** Exercise brief **
Scan the data below. Pull out each line where "fits" occurs.

** Listed records **
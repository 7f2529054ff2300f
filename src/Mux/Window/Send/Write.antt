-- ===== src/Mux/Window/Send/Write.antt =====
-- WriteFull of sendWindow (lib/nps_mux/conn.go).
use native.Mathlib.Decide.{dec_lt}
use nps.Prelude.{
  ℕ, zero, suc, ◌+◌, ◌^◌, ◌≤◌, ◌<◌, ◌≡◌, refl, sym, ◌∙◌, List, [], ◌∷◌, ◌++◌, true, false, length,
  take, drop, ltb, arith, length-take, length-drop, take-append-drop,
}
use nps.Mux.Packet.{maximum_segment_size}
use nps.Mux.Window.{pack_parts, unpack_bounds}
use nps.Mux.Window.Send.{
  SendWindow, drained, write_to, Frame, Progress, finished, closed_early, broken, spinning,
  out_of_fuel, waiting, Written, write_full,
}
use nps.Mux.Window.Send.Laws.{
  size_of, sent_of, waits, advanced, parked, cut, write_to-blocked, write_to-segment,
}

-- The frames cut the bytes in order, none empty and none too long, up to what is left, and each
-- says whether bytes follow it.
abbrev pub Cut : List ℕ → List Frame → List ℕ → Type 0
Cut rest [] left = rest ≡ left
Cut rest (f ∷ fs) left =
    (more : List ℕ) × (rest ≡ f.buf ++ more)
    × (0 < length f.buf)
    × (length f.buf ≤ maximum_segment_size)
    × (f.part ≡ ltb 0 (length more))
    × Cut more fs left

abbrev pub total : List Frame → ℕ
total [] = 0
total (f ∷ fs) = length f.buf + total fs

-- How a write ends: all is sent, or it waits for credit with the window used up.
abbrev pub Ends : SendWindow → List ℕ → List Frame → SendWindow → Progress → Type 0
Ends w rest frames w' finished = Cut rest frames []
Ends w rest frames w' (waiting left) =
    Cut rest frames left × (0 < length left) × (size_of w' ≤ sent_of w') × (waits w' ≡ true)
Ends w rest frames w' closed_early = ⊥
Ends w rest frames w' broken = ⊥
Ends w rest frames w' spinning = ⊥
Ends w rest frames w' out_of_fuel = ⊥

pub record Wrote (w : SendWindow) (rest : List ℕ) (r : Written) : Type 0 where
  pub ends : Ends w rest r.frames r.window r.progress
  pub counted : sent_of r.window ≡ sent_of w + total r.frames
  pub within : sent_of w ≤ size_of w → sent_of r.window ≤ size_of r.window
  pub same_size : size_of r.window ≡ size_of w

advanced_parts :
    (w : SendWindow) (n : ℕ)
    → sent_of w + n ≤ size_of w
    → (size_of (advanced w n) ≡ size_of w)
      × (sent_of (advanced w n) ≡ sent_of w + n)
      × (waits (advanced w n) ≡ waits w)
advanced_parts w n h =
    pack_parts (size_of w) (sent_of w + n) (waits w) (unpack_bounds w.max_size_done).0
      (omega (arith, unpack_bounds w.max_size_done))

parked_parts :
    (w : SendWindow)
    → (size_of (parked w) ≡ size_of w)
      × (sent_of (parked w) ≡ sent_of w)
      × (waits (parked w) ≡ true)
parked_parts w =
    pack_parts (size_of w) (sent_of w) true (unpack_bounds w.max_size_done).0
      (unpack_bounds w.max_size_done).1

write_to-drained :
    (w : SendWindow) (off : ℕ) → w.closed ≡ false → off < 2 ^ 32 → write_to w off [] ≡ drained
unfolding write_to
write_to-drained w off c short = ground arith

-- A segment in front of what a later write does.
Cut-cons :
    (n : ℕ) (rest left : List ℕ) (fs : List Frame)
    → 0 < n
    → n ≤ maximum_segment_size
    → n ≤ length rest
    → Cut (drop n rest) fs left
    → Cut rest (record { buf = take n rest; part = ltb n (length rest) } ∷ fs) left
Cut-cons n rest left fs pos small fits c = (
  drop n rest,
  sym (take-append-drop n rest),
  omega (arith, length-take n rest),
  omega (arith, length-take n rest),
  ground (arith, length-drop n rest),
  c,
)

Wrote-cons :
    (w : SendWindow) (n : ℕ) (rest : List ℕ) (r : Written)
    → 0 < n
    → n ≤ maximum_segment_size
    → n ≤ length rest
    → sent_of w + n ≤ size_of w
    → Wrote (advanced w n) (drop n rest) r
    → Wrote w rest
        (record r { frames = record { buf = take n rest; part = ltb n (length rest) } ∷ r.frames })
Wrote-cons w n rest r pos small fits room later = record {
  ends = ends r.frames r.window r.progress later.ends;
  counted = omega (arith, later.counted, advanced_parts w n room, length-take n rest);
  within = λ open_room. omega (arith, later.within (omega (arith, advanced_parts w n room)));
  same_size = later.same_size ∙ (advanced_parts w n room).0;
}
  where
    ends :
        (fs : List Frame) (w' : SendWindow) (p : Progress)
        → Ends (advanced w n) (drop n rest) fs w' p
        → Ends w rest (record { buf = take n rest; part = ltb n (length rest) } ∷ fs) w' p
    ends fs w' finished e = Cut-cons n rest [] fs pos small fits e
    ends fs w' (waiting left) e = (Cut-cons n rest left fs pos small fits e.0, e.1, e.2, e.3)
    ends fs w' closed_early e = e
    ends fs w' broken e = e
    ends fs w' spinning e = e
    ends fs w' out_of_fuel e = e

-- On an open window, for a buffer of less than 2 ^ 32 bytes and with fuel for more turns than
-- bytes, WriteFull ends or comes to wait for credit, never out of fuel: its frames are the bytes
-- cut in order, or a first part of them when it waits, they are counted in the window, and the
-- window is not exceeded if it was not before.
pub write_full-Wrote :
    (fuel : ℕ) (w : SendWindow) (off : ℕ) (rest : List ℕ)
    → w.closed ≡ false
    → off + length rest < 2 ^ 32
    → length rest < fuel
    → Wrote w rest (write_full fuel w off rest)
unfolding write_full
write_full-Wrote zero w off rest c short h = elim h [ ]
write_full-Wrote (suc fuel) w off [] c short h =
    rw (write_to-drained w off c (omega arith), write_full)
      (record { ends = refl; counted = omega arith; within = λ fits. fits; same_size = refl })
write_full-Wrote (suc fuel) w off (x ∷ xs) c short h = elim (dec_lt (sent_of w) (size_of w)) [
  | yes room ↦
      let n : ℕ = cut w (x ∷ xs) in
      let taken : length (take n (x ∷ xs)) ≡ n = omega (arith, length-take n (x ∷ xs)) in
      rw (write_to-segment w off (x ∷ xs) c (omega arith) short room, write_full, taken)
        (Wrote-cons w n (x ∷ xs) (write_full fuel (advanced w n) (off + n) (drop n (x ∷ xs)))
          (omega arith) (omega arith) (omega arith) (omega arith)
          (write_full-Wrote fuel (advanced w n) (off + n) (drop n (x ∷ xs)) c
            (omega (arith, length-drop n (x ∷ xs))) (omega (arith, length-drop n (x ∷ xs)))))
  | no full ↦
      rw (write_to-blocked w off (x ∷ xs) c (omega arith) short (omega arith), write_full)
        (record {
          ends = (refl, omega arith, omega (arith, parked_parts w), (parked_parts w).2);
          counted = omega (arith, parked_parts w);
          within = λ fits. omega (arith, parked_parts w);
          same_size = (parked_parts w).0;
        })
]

** The answer **
Cut-cons n rest left fs pos small fits c = (
Wrote-cons w n rest r pos small fits room later = record {
    ends fs w' finished e = Cut-cons n rest [] fs pos small fits e
    ends fs w' (waiting left) e = (Cut-cons n rest left fs pos small fits e.0, e.1, e.2, e.3)
      (record { ends = refl; counted = omega arith; within = λ fits. fits; same_size = refl })
          within = λ fits. omega (arith, parked_parts w);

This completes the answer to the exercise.